I misteri di Ezra Pound

 

È sempre un azzardo avvicinarsi o accostarsi a Ezra Pound, poeta, saggista e traduttore statunitense che ha passato gran parte della vita in Italia. Justo Navarro, traduttore e scrittore spagnolo, lo fa con un piglio d’indagine letteraria più che storica. E quasi personale. Si trova cioè a ripercorrere il palcoscenico calcato da Pound nei giorni successivi al 25 aprile 1945. Navarro, infatti, va a Pisa, visita Metato dove il poeta era stato ospitato, unico civile, nel Disciplinary Trainer Center, dove riempì i taccuini con i versi dei Pisan Cantos, appoggiato a una cassetta di frutta. Poi va a Ferrara a trovare un amico scrittore italiano e lì incontra un carabiniere in pensione che aveva seguito Pound nel 1942 e ’43.
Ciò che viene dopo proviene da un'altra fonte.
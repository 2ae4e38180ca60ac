-- ===== src/Replay/Source/Apart.antt =====
-- What the two views of src/ai_trading_team/replay/source.py have in common, and what not.
use my_team_tradding.Outcomes.{Candle, Timeframe, same_timeframe}
use my_team_tradding.Prelude.{
  All, Bool, Bool-cases, false, List, Option, String, [], and_elim, ap, arith, drop, filter, inl,
  inr, is_empty, leb, leb→le, le→leb, ltb, ltb→lt, none, or-eq-false, refl, some, str_eq, subst,
  suc, sym, take, true, zero, ℕ, ◌<◌, ◌==◌, ◌||◌, ◌∙◌, ◌∷◌, ◌≡◌, ◌≤◌,
}
use my_team_tradding.Prelude.Result.{>>=-returned, ok, ok-injective, refused-eq-ok}
use my_team_tradding.Replay.Clock.{DatasetPartition}
use my_team_tradding.Replay.Source.{
  is_out_of_range, DecisionView, FrozenReplayDecision, HistoricalDataset, OutcomeHorizon,
  OutcomeView, completed_candles, decision_view, find_partition, is_future, is_visible,
  last_candles, outcome_view, within_bars, within_elapsed,
}
use my_team_tradding.Time.{aware, normalize_utc}

module _ {ℓ κ} {A : Type ℓ} where
  All-of_filter :
      (Q : A → Type κ) (p : A → Bool) (xs : List A)
      → ((x : A) → p x ≡ true → Q x)
      → All Q (filter p xs)
  All-of_filter Q p [] f = tt
  All-of_filter Q p (x ∷ xs) f = elim (Bool-cases (p x)) [
    | inl kept ↦ rw kept (f x kept, All-of_filter Q p xs f)
    | inr dropped ↦ rw dropped (All-of_filter Q p xs f)
  ]

  All-filter_kept : (Q : A → Type κ) (p : A → Bool) (xs : List A) → All Q xs → All Q (filter p xs)
  All-filter_kept Q p [] h = tt
  All-filter_kept Q p (x ∷ xs) (here, rest) = elim (Bool-cases (p x)) [
    | inl kept ↦ rw kept (here, All-filter_kept Q p xs rest)
    | inr dropped ↦ rw dropped (All-filter_kept Q p xs rest)
  ]

  All-drop : (Q : A → Type κ) (n : ℕ) (xs : List A) → All Q xs → All Q (drop n xs)
  All-drop Q zero xs h = h
  All-drop Q (suc n) [] h = tt
  All-drop Q (suc n) (x ∷ xs) (here, rest) = All-drop Q n xs rest

  All-take : (Q : A → Type κ) (n : ℕ) (xs : List A) → All Q xs → All Q (take n xs)
  All-take Q zero xs h = tt
  All-take Q (suc n) [] h = tt
  All-take Q (suc n) (x ∷ xs) (here, rest) = (here, All-take Q n xs rest)

-- A filter absorbs a wider one before it.
filter-filter {ℓ} :
    {A : Type ℓ} (p q : A → Bool) (xs : List A)
    → ((x : A) → p x ≡ true → q x ≡ true)
    → filter p (filter q xs) ≡ filter p xs
filter-filter p q [] wider = refl
filter-filter p q (x ∷ xs) wider =
    let rest = filter-filter p q xs wider in
    elim (Bool-cases (p x)) [
      | inl kept ↦ rw (wider x kept, kept) (ap (λ l. x ∷ l) rest)
      | inr dropped ↦ elim (Bool-cases (q x)) [
        | inl passed ↦ rw (passed, dropped) rest
        | inr stopped ↦ rw (stopped, dropped) rest
      ]
    ]

abbrev pub is_over_by : ℕ → Candle → Bool
is_over_by cutoff candle = leb candle.close_time cutoff

-- A candle that a decision may read.
pub record IsPast (partition : DatasetPartition) (cutoff : ℕ) (candle : Candle) : Type 0 where
  pub in_context : partition.context_start ≤ candle.open_time
  pub over : candle.close_time ≤ cutoff

-- A candle that an outcome may read.
pub record IsAhead (partition : DatasetPartition) (cutoff : ℕ) (candle : Candle) : Type 0 where
  pub not_begun : cutoff ≤ candle.open_time
  pub unfinished : cutoff < candle.close_time
  pub in_partition : candle.close_time ≤ partition.evaluation_end

pub record AreApart (view : DecisionView) (symbol : String) (timeframe : Timeframe) (count : ℕ)
    (past : List Candle) (outcome : OutcomeView) : Type 0 where
  pub same_partition : outcome.partition ≡ view.partition
  pub in_range :
      (view.partition.evaluation_start ≤ view.cutoff)
      × (view.cutoff < view.partition.evaluation_end)
  pub known : All (IsPast view.partition view.cutoff) past
  pub ahead : All (IsAhead view.partition view.cutoff) outcome.candles
  pub blind :
      (other : HistoricalDataset)
      → filter (is_over_by view.cutoff) other.candles
        ≡ filter (is_over_by view.cutoff) view.dataset.candles
      → completed_candles (record view { dataset = other }) symbol timeframe count ≡ ok past

is_visible-IsPast :
    (view : DecisionView) (symbol : String) (timeframe : Timeframe) (candle : Candle)
    → is_visible view symbol timeframe candle ≡ true
    → IsPast view.partition view.cutoff candle
is_visible-IsPast view symbol timeframe candle h =
    let (own, h1) = and_elim (str_eq candle.symbol symbol) _ h in
    let (framed, h2) = and_elim (same_timeframe candle.timeframe timeframe) _ h1 in
    let (after, before) = and_elim (leb view.partition.context_start candle.open_time) _ h2 in
    record { in_context = leb→le _ _ after; over = leb→le _ _ before }

is_future-IsAhead :
    (frozen : FrozenReplayDecision) (partition : DatasetPartition) (timeframe : Timeframe)
    (candle : Candle)
    → is_future frozen partition timeframe candle ≡ true
    → IsAhead partition frozen.decision_cutoff candle
is_future-IsAhead frozen partition timeframe candle h =
    let (own, h1) = and_elim (str_eq candle.symbol frozen.symbol) _ h in
    let (framed, h2) = and_elim (same_timeframe candle.timeframe timeframe) _ h1 in
    let (begun, h3) = and_elim (leb frozen.decision_cutoff candle.open_time) _ h2 in
    let (after, before) = and_elim (ltb frozen.decision_cutoff candle.close_time) _ h3 in
    record {
      not_begun = leb→le _ _ begun;
      unfinished = ltb→lt _ _ after;
      in_partition = leb→le _ _ before;
    }

within_bars-IsAhead :
    (frozen : FrozenReplayDecision) (partition : DatasetPartition)
    (candidates selected : List Candle) (horizon : OutcomeHorizon) (bars : Option ℕ)
    → All (IsAhead partition frozen.decision_cutoff) candidates
    → within_bars frozen partition candidates horizon bars ≡ ok selected
    → All (IsAhead partition frozen.decision_cutoff) selected
within_bars-IsAhead frozen partition candidates selected horizon (some bars) h made =
    subst (All (IsAhead partition frozen.decision_cutoff)) (ok-injective made)
      (All-take _ bars candidates h)
within_bars-IsAhead frozen partition candidates selected horizon none h made =
    elim horizon.max_elapsed
        as (λ o.
          within_elapsed frozen partition candidates o ≡ ok selected
          → All (IsAhead partition frozen.decision_cutoff) selected) [
            | none ↦ λ k. cc (k)
            | some elapsed ↦ λ k.
                subst (All (IsAhead partition frozen.decision_cutoff)) (ok-injective k)
                  (All-filter_kept _ _ candidates h)
          ]
      made

in_range_of :
    (partition : DatasetPartition) (moment : ℕ)
    → is_out_of_range partition moment ≡ false
    → (partition.evaluation_start ≤ moment) × (moment < partition.evaluation_end)
in_range_of partition moment h =
    let (started, unfinished) = or-eq-false (ltb moment partition.evaluation_start) _ h in
    (ground (arith, started), ground (arith, unfinished))

-- A view for a decision and one for its outcome, at the same cutoff of the same partition: the cutoff is
-- in the evaluation range, the decision reads candles of the context that closed by the cutoff, the
-- outcome candles that open at the cutoff or later and close inside the partition, and the decision
-- reads the same from any dataset with the same candles up to the cutoff.
pub views-AreApart :
    (dataset : HistoricalDataset) (partition_id : String) (frozen : FrozenReplayDecision)
    (symbol : String) (timeframe outcome_timeframe : Timeframe) (count : ℕ)
    (horizon : OutcomeHorizon) (view : DecisionView) (past : List Candle) (outcome : OutcomeView)
    → decision_view dataset partition_id (aware frozen.decision_cutoff) ≡ ok view
    → completed_candles view symbol timeframe count ≡ ok past
    → outcome_view dataset frozen partition_id outcome_timeframe horizon ≡ ok outcome
    → AreApart view symbol timeframe count past outcome
unfolding decision_view completed_candles outcome_view normalize_utc
views-AreApart dataset partition_id frozen symbol timeframe outcome_timeframe count horizon view
      past outcome viewed read seen =
    let (partition, found, h1) =
      >>=-returned (find_partition partition_id dataset.partitions) _ viewed in
    let (inside, made) =
      refused-eq-ok (is_out_of_range partition frozen.decision_cutoff) _ _ view h1 in
    let same : record { dataset = dataset; partition = partition; cutoff = frozen.decision_cutoff }
        ≡ view =
      ok-injective made in
    let (admitted, listed) = refused-eq-ok (count == 0 || ltb 5000 count) _ _ past read in
    let (partition', found', h2) =
      >>=-returned (find_partition partition_id dataset.partitions) _ seen in
    let (inside', h3) =
      refused-eq-ok (is_out_of_range partition' frozen.decision_cutoff) _ _ outcome h2 in
    let (selected, bounded, h4) =
      >>=-returned (within_bars frozen partition' _ horizon horizon.max_bars) _ h3 in
    let (present, built) = refused-eq-ok (is_empty selected) _ _ outcome h4 in
    let partitions : partition' ≡ partition = ok-injective (sym found' ∙ found) in
    let here : view.partition ≡ partition = ap (λ v. v.partition) (sym same) in
    let at : view.cutoff ≡ frozen.decision_cutoff = ap (λ v. v.cutoff) (sym same) in
    let future =
      within_bars-IsAhead frozen partition' _ selected horizon horizon.max_bars
        (All-of_filter _ (is_future frozen partition' outcome_timeframe) dataset.candles
          (is_future-IsAhead frozen partition' outcome_timeframe))
        bounded in
    record {
      same_partition = ap (λ o. o.partition) (sym (ok-injective built)) ∙ (partitions ∙ sym here);
      in_range =
          subst
            (λ v.
              (v.partition.evaluation_start ≤ v.cutoff) × (v.cutoff < v.partition.evaluation_end))
            same (in_range_of partition frozen.decision_cutoff inside);
      known = subst (All (IsPast view.partition view.cutoff)) (ok-injective listed) (
          All-drop _ _ _ (
            All-of_filter _ (is_visible view symbol timeframe) view.dataset.candles
              (is_visible-IsPast view symbol timeframe)));
      ahead =
          subst (λ l. All (IsAhead view.partition view.cutoff) l)
            (ap (λ o. o.candles) (ok-injective built))
            (subst (λ c. All (IsAhead view.partition c) selected) (sym at)
              (subst (λ p. All (IsAhead p frozen.decision_cutoff) selected) (partitions ∙ sym here)
                future));
      blind = λ other agree.
          let wider : (x : Candle)
              → is_visible view symbol timeframe x ≡ true
              → is_over_by view.cutoff x ≡ true =
            λ x k. le→leb _ _ (is_visible-IsPast view symbol timeframe x k).over in
          let p = is_visible view symbol timeframe in
          let q = is_over_by view.cutoff in
          let equal : filter p other.candles ≡ filter p view.dataset.candles =
            sym (filter-filter p q other.candles wider)
            ∙ ap (filter p) agree
            ∙ filter-filter p q view.dataset.candles wider in
          rw admitted (ap (λ l. ok (last_candles count l)) equal ∙ listed);
    }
Così, sulla scorta di questi sopralluoghi, il libro La spia parte dall’arresto del poeta americano avvenuto il 3 maggio 1945 a Sant’Ambrogio, Rapallo, Liguria, e si snoda nella ricostruzione, a volte storica a volte fantasiosa, molto dettagliata e sentita, di quanto avvenne a Pound fino al 1949.

Cittadino americano, senza rinunciare mai al suo status, Pound aveva vissuto negli Stati Uniti sino al 1908, a Londra sino al 1920, a Parigi sino al ’24 e quindi se ne era andato a Rapallo con la moglie Dorothy. Anche la sua giovane amante, la violinista Olga Rudge, dalla quale aveva avuto una figlia, lo aveva seguito in Riviera, piazzandosi proprio a Sant’Ambrogio. Pound aveva cominciato a lavorare a Radio Roma nell’estate del ’40 con la sua trasmissione Europe calling, Ezra Pound speaking, emulo di Lord Haw-Haw che invece lanciava sermoni da Radio Berlino. Lì fece propaganda fascista destinata ad ascoltatori anglofoni, ma i suoi discorsi erano frasi fatte, invettive contro Roosevelt, il “complotto giudaico”, le grandi banche. E non ottenne nulla in cambio del suo sostegno a Mussolini, che vide una sola volta, mentre il suo disinteresse destò sospetti fra amici e avversari.

Il racconto di Navarro esaspera gli interrogativi su quell’intellettuale irregolare, fuori dagli schemi, volutamente contro, incline a destare sospetti e alimentare equivoci.

Pur essendo Pound un tifoso dichiarato di Mussolini, i dirigenti del Minculpop non capirono i suoi discorsi radiofonici, sottoposti a esami crittografici da parte dei servizi segreti, in cui mischiava saggezza cinese ed etnografia tedesca, poeti d’avanguardia e gangster di ogni tipo. I funzionari fascisti li giudicavano semplicemente demenziali o inintellegibili. Venne anche considerata la possibilità che Pound fosse un provocatore o addirittura una spia da doppio gioco che trasmetteva via radio informazioni e istruzioni al nemico. L’Ovra lo aveva anche scovato a frequentare antifascisti: gli aveva messo un uomo alle calcagna e aveva piazzato quattro microfoni nella casa del suo amico Chilanti.

La sua adesione al fascismo fu passionale, ma anche grottesca. Nello stesso tempo la sua poetica fu moderna, destrutturando il verso e lanciando uno stile che arrivò sino alla Beat Generation.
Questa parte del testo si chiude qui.